■ **What you will do**
From the material below, return every line that includes "module".

■ **Records supplied**

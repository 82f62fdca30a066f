-- ===== src/FastCgi/Records/Laws.antt =====
-- What a web server reads of the records that Cutelyst/Server/protocolfastcgi.cpp writes.
use cutelyst.Common.{
  ℕ, zero, suc, ◌+◌, ◌-◌, ◌*◌, ◌/◌, ◌%◌, ◌<◌, ◌≤◌, ◌==◌, Bytes, [], ◌∷◌, ◌++◌, true, false, ◌&&◌,
  if◌then◌else◌, ltb, leb, Option, none, some, take, drop, length, ◌≡◌, refl, ap, ◌∙◌, arith,
  append_assoc, append-nil, length-append, length-take, length-drop, take-of-le, take-length-append,
  drop-length-append, Bool-cases, inl, inr,
}
use cutelyst.FastCgi.Records.{
  padding_of, zeros, stdout_header, Takes, io_write, wrote, Writing, open_record, write_content,
  goes, stops, after_header, after_content, write_loop, do_write,
}

abbrev prepend : Bytes → Option Bytes → Option Bytes
prepend content none = none
prepend content (some text) = some (content ++ text)

-- Behind a record's header.
abbrev read_content : (Bytes → Option Bytes) → ℕ → ℕ → Bytes → Option Bytes
read_content next len pad rest =
    if leb (len + pad) (length rest)
    then prepend (take len rest) (next (drop (len + pad) rest))
    else none

-- The content of the STDOUT records of a request, after the FastCGI specification; `none` where a
-- record is cut off or is of another kind.
pub read_stdout : ℕ → ℕ → Bytes → Option Bytes
read_stdout fuel stream_id [] = some []
read_stdout (suc fuel) stream_id
      (version ∷ type_ ∷ req1 ∷ req0 ∷ cl1 ∷ cl0 ∷ pad ∷ reserved ∷ rest) =
    if version == 1 && type_ == 6 && (req1 * 0x100 + req0) == stream_id
    then read_content (λ more. read_stdout fuel stream_id more) (cl1 * 0x100 + cl0) pad rest
    else none
read_stdout _ stream_id _ = none

-- A socket that takes every write whole.
abbrev pub TakesAll : Takes → Type 0
TakesAll takes = (out bytes : Bytes) → takes out bytes ≡ some (length bytes)

pub length-zeros : (n : ℕ) → length (zeros n) ≡ n
length-zeros zero = refl
length-zeros (suc n) = omega (arith, length-zeros n)

padding_of-lt : (n : ℕ) → n < 0x10000 → padding_of n < 8
unfolding padding_of
padding_of-lt n h = ground arith

abbrev record_text : ℕ → Bytes → Bytes → Bytes
record_text stream_id content more =
    stdout_header stream_id (length content)
    ++ (content ++ (zeros (padding_of (length content)) ++ more))

read_stdout-nil : (fuel stream_id : ℕ) → read_stdout fuel stream_id [] ≡ some []
unfolding read_stdout
read_stdout-nil zero stream_id = refl
read_stdout-nil (suc fuel) stream_id = refl

take-append-drop : (n : ℕ) (xs : Bytes) → take n xs ++ drop n xs ≡ xs
take-append-drop zero xs = refl
take-append-drop (suc n) [] = refl
take-append-drop (suc n) (x ∷ xs) = ap (λ (t : Bytes). x ∷ t) (take-append-drop n xs)

drop-sum : (m n : ℕ) (xs : Bytes) → drop (m + n) xs ≡ drop n (drop m xs)
drop-sum zero n xs = let e : 0 + n ≡ n = omega arith in rw e refl
drop-sum (suc m) zero [] = let e : suc m + 0 ≡ suc m = omega arith in rw e refl
drop-sum (suc m) (suc n) [] = let e : suc m + suc n ≡ suc (m + suc n) = omega arith in rw e refl
drop-sum (suc m) n (x ∷ xs) =
    let e : suc m + n ≡ suc (m + n) = omega arith in rw e (drop-sum m n xs)

read_content-record :
    (next : Bytes → Option Bytes) (content more text : Bytes) (pad : ℕ)
    → next more ≡ some text
    → read_content next (length content) pad (content ++ (zeros pad ++ more))
      ≡ some (content ++ text)
read_content-record next content more text pad h =
    let filled = zeros pad ++ more in
    let n = length content in
    let size : leb (n + pad) (length (content ++ filled)) ≡ true =
      ground
        (arith, length-append content filled, length-append (zeros pad) more, length-zeros pad) in
    let behind : drop (n + pad) (content ++ filled) ≡ more =
      drop-sum n pad (content ++ filled)
      ∙ ap (λ (t : Bytes). drop pad t) (drop-length-append content filled)
      ∙ rw (length-zeros pad) at (drop-length-append (zeros pad) more) in
    rw (size, behind, take-length-append content filled, h) refl

read_stdout-record :
    (fuel stream_id : ℕ) (content more text : Bytes)
    → stream_id < 0x10000
    → length content < 0x10000
    → read_stdout fuel stream_id more ≡ some text
    → read_stdout (suc fuel) stream_id (record_text stream_id content more) ≡ some (content ++ text)
unfolding stdout_header read_stdout
read_stdout-record fuel stream_id content more text hs hc h =
    let n = length content in
    let len : n / 0x100 % 0x100 * 0x100 + n % 0x100 ≡ n = omega arith in
    let id : stream_id / 0x100 % 0x100 * 0x100 + stream_id % 0x100 ≡ stream_id = omega arith in
    let same : (stream_id == stream_id) ≡ true = ground arith in
    rw (len, id, same)
      (read_content-record (λ t. read_stdout fuel stream_id t) content more text (padding_of n) h)

io_write-all :
    (takes : Takes) (out bytes : Bytes)
    → TakesAll takes
    → io_write takes out bytes ≡ (out ++ bytes, some (length bytes))
io_write-all takes out bytes h =
    rw (h out bytes, io_write) (rw (take-of-le (length bytes) bytes (omega arith)) refl)

-- The bytes of the next record.
abbrev record_size : Bytes → ℕ
record_size rest = if ltb (length rest) 0xffff then length rest else 0xffff

abbrev writing : Bytes → Bytes → ℕ → Writing
writing out rest write_pos = record { out = out; rest = rest; write_pos = write_pos; status = 0 }

module _ (takes : Takes) (stream_id : ℕ) (all : TakesAll takes) where
  open_record-all :
      (out rest : Bytes) (write_pos : ℕ)
      → open_record takes stream_id (writing out rest write_pos) ≡ (
        record (writing (out ++ stdout_header stream_id (record_size rest)) rest write_pos) {
          status = record_size rest;
        },
        padding_of (record_size rest),
        true,
      )
  unfolding open_record
  open_record-all out rest write_pos =
      rw (io_write-all takes out (stdout_header stream_id (record_size rest)) all) refl

  write_content-all :
      (pad : ℕ) (w : Writing)
      → write_content takes pad w ≡ (
        record w { out = w.out ++ (take w.status w.rest ++ zeros pad) },
        some (length (take w.status w.rest)),
      )
  unfolding write_content
  write_content-all zero w =
      rw (io_write-all takes w.out (take w.status w.rest) all, append-nil) refl
  write_content-all (suc pad) w = rw (io_write-all takes w.out (take w.status w.rest) all) (
      rw (io_write-all takes (w.out ++ take w.status w.rest) (zeros (suc pad)) all)
        (rw (append_assoc w.out (take w.status w.rest) (zeros (suc pad))) (ground arith)))

  -- A round writes a record.
  round-record :
      (out rest : Bytes) (write_pos m : ℕ)
      → record_size rest ≡ suc m
      → let content = take (suc m) rest in
        let out' =
          out ++ (stdout_header stream_id (suc m) ++ (content ++ zeros (padding_of (suc m)))) in
        after_header takes (open_record takes stream_id (writing out rest write_pos)) ≡ (
          if length (drop (suc m) rest) == 0
          then stops (wrote out' (write_pos + suc m))
          else goes (writing out' (drop (suc m) rest) (write_pos + suc m)))
  unfolding after_header after_content
  round-record out rest write_pos m n =
      let size : length (take (suc m) rest) ≡ suc m = ground (arith, length-take (suc m) rest) in
      let left : suc m - suc m ≡ 0 = omega arith in
      let opened = open_record-all out rest write_pos in
      let w = record (writing (out ++ stdout_header stream_id (suc m)) rest write_pos) {
        status = suc m;
      } in
      let written = write_content-all (padding_of (suc m)) w in
      let join =
        append_assoc out (stdout_header stream_id (suc m))
          (take (suc m) rest ++ zeros (padding_of (suc m))) in
      rw (opened) (rw (n) (rw (written) (rw (size) (rw (join, left) refl))))

  abbrev Reads : ℕ → Bytes → Bytes → ℕ → Type 0
  Reads fuel out rest write_pos =
      (text : Bytes) × (write_loop fuel takes stream_id (writing out rest write_pos)
        ≡ wrote (out ++ text) (write_pos + length rest))
      × (read_stdout fuel stream_id text ≡ some rest)

  record_size-take :
      (rest : Bytes) (m : ℕ) → record_size rest ≡ suc m → length (take (suc m) rest) ≡ suc m
  record_size-take rest m n = ground (arith, length-take (suc m) rest)

  write_loop-last :
      (fuel : ℕ) (out rest : Bytes) (write_pos m : ℕ)
      → stream_id < 0x10000
      → record_size rest ≡ suc m
      → (length (drop (suc m) rest) == 0) ≡ true
      → Reads (suc fuel) out rest write_pos
  unfolding write_loop
  write_loop-last fuel out rest write_pos m hs n e =
      let text = record_text stream_id rest [] in
      let size : length rest ≡ suc m =
        ground (arith, length-drop (suc m) rest, record_size-take rest m n) in
      let same : take (suc m) rest ≡ rest = take-of-le (suc m) rest (omega arith) in
      let round = round-record out rest write_pos m n in
      (
        text,
        rw (round, write_loop) (rw (e) (rw (same, size, append-nil) refl)),
        read_stdout-record fuel stream_id rest [] [] hs (ground arith)
              (read_stdout-nil fuel stream_id)
            ∙ ap some (append-nil rest),
      )

  write_loop-more :
      (fuel : ℕ) (out rest : Bytes) (write_pos m : ℕ)
      → stream_id < 0x10000
      → record_size rest ≡ suc m
      → (length (drop (suc m) rest) == 0) ≡ false
      → ((out' : Bytes) → Reads fuel out' (drop (suc m) rest) (write_pos + suc m))
      → Reads (suc fuel) out rest write_pos
  unfolding write_loop
  write_loop-more fuel out rest write_pos m hs n e ih =
      let content = take (suc m) rest in
      let record_of = stdout_header stream_id (suc m) ++ (content ++ zeros (padding_of (suc m))) in
      let (more, written, read_back) = ih (out ++ record_of) in
      let size = record_size-take rest m n in
      let round = round-record out rest write_pos m n in
      let count : write_pos + suc m + length (drop (suc m) rest) ≡ write_pos + length rest =
        ground (arith, length-drop (suc m) rest, size) in
      let text = record_text stream_id content more in
      let joined : record_of ++ more ≡ text = rw size (
        append_assoc (stdout_header stream_id (suc m)) (content ++ zeros (padding_of (suc m))) more
        ∙ ap (λ (t : Bytes). stdout_header stream_id (suc m) ++ t)
            (append_assoc content (zeros (padding_of (suc m))) more)) in
      (
        text,
        rw (round, write_loop)
            (rw (e) (written ∙ rw (count, append_assoc out record_of more) (rw joined refl))),
        read_stdout-record fuel stream_id content more (drop (suc m) rest) hs (ground (arith, size))
              read_back
            ∙ ap some (take-append-drop (suc m) rest),
      )

  write_loop-Reads :
      (fuel : ℕ) (out rest : Bytes) (write_pos : ℕ)
      → stream_id < 0x10000
      → 0 < length rest
      → length rest ≤ fuel
      → Reads fuel out rest write_pos
  write_loop-Reads zero out rest write_pos hs some_byte enough = absurd (omega arith)
  write_loop-Reads (suc fuel) out rest write_pos hs some_byte enough =
      let m = record_size rest - 1 in
      let n : record_size rest ≡ suc m = ground arith in
      elim (Bool-cases (length (drop (suc m) rest) == 0)) [
        | inl e ↦ write_loop-last fuel out rest write_pos m hs n e
        | inr e ↦ write_loop-more fuel out rest write_pos m hs n e λ out'.
            write_loop-Reads fuel out' (drop (suc m) rest) (write_pos + suc m) hs (ground arith)
              (omega (arith, length-drop {0} (suc m) rest))
      ]

-- On a socket that takes every write whole, doWrite writes all of its bytes, however many there are,
-- as records from which a reader of the FastCGI specification gets these bytes for this request.
pub do_write-reads_back :
    (takes : Takes) (stream_id : ℕ) (bytes out : Bytes)
    → TakesAll takes
    → stream_id < 0x10000
    → 0 < length bytes
    → (text : Bytes) × (do_write takes stream_id bytes out ≡ wrote (out ++ text) (length bytes))
      × (read_stdout (suc (length bytes)) stream_id text ≡ some bytes)
unfolding do_write
do_write-reads_back takes stream_id bytes out all hs some_byte =
    let e : 0 + length bytes ≡ length bytes = omega arith in
    let (text, written, read_back) =
      write_loop-Reads takes stream_id all (suc (length bytes)) out bytes 0 hs some_byte
        (omega arith) in
    (text, rw e at written, read_back)
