-- ===== src/FastCgi/Packets/Written.antt =====
-- The records of a request that a web server writes, after the FastCGI specification, and the steps of
-- processPacket of Cutelyst/Server/protocolfastcgi.cpp on them.
use cutelyst.Common.{
  ℕ, suc, ◌+◌, ◌-◌, ◌*◌, ◌/◌, ◌%◌, ◌<◌, Bytes, ◌∷◌, ◌++◌, false, ltb, some, drop, length, ◌≡◌, refl,
  sym, ap, ◌∙◌, arith, append_assoc, length-append, drop-length-append,
}
use cutelyst.FastCgi.Packets.{
  Connection, Server, Packet, shift, waits, after_record, content_length, all_length, take_record,
  process_packet,
}
use cutelyst.FastCgi.Records.{zeros}
use cutelyst.FastCgi.Records.Laws.{length-zeros}

-- A record with its padding, in front of `rest`.
abbrev pub record_text : ℕ → ℕ → Bytes → ℕ → Bytes → Bytes
record_text type_ id content pad rest =
    1
    ∷ type_
    ∷ (id / 0x100 % 0x100)
    ∷ (id % 0x100)
    ∷ (length content / 0x100 % 0x100)
    ∷ (length content % 0x100)
    ∷ pad
    ∷ 0
    ∷ (content ++ (zeros pad ++ rest))

pub content_length-record_text :
    (type_ id : ℕ) (content : Bytes) (pad : ℕ) (rest : Bytes)
    → length content < 0x10000
    → content_length (record_text type_ id content pad rest) ≡ length content
content_length-record_text type_ id content pad rest h = ground arith

length-record_text :
    (type_ id : ℕ) (content : Bytes) (pad : ℕ) (rest : Bytes)
    → length (record_text type_ id content pad rest) ≡ 8 + (length content + (pad + length rest))
length-record_text type_ id content pad rest = omega (
  arith,
  length-append {0} content (zeros pad ++ rest),
  length-append {0} (zeros pad) rest,
  length-zeros pad,
)

drop-eight :
    (n a b c d e f g h : ℕ) (xs : Bytes)
    → drop (8 + n) (a ∷ b ∷ c ∷ d ∷ e ∷ f ∷ g ∷ h ∷ xs) ≡ drop n xs
drop-eight n a b c d e f g h xs =
    let at : 8 + n ≡ suc (suc (suc (suc (suc (suc (suc (suc n))))))) = omega arith in rw at refl

drop-record_text :
    (type_ id : ℕ) (content : Bytes) (pad : ℕ) (rest : Bytes)
    → drop (8 + length content + pad) (record_text type_ id content pad rest) ≡ rest
drop-record_text type_ id content pad rest =
    let filled : length (content ++ zeros pad) ≡ length content + pad =
      omega (arith, length-append {0} content (zeros pad), length-zeros pad) in
    let at : 8 + length content + pad ≡ 8 + (length content + pad) = omega arith in
    let split : content ++ (zeros pad ++ rest) ≡ (content ++ zeros pad) ++ rest =
      sym (append_assoc content (zeros pad) rest) in
    rw at (
      drop-eight (length content + pad) 1 type_ _ _ _ _ pad 0 (content ++ (zeros pad ++ rest))
      ∙ rw (split) (rw (← filled) (drop-length-append (content ++ zeros pad) rest)))

pub shift-record_text :
    (type_ id : ℕ) (content : Bytes) (pad : ℕ) (rest behind : Bytes) (d : Connection)
    → length content < 0x10000
    → let buffer = record_text type_ id content pad rest in
      (behind' : Bytes) × (shift (all_length buffer) (record d { buffer = buffer; behind = behind })
        ≡ some (record d { buffer = rest; behind = behind' }))
shift-record_text type_ id content pad rest behind d hc =
    let buffer = record_text type_ id content pad rest in
    let all : all_length buffer ≡ 8 + length content + pad =
      ap (λ (n : ℕ). 8 + n + pad) (content_length-record_text type_ id content pad rest hc) in
    let size = length-record_text type_ id content pad rest in
    let inside : ltb (length buffer) (8 + length content + pad) ≡ false = ground (arith, size) in
    (
      drop (length buffer - (8 + length content + pad)) buffer ++ behind,
      rw (all) (rw (inside) (rw (drop-record_text type_ id content pad rest) refl)),
    )

module _ (server : Server) where
  -- A round over a whole record: what `take_record` leaves, with the record moved away.
  pub process_packet-record :
      (fuel type_ id : ℕ) (content : Bytes) (pad : ℕ) (rest behind : Bytes) (c : Connection)
      (r : Packet)
      → id < 0x10000
      → length content < 0x10000
      → let buffer = record_text type_ id content pad rest in
        take_record server (record c { buffer = buffer; behind = behind; stream_id = id }) ≡ r
        → process_packet server (suc fuel) (record c { buffer = buffer; behind = behind })
          ≡ after_record (all_length buffer) (λ d. process_packet server fuel d) r
  unfolding process_packet
  process_packet-record fuel type_ id content pad rest behind c r hi hc e =
      let buffer = record_text type_ id content pad rest in
      let len = content_length-record_text type_ id content pad rest hc in
      let size = length-record_text type_ id content pad rest in
      let id_is : id % 0x100 + id / 0x100 % 0x100 * 0x100 ≡ id = omega arith in
      let long : ltb (length buffer) 8 ≡ false = ground (arith, size) in
      let complete : waits buffer ≡ false = ground (arith, size, len) in
      rw (long, process_packet) (rw (complete) (rw (id_is) (rw e refl)))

■ **Answer to this problem**
module _ (takes : Takes) (stream_id : ℕ) (all : TakesAll takes) where
module _ (server : Server) where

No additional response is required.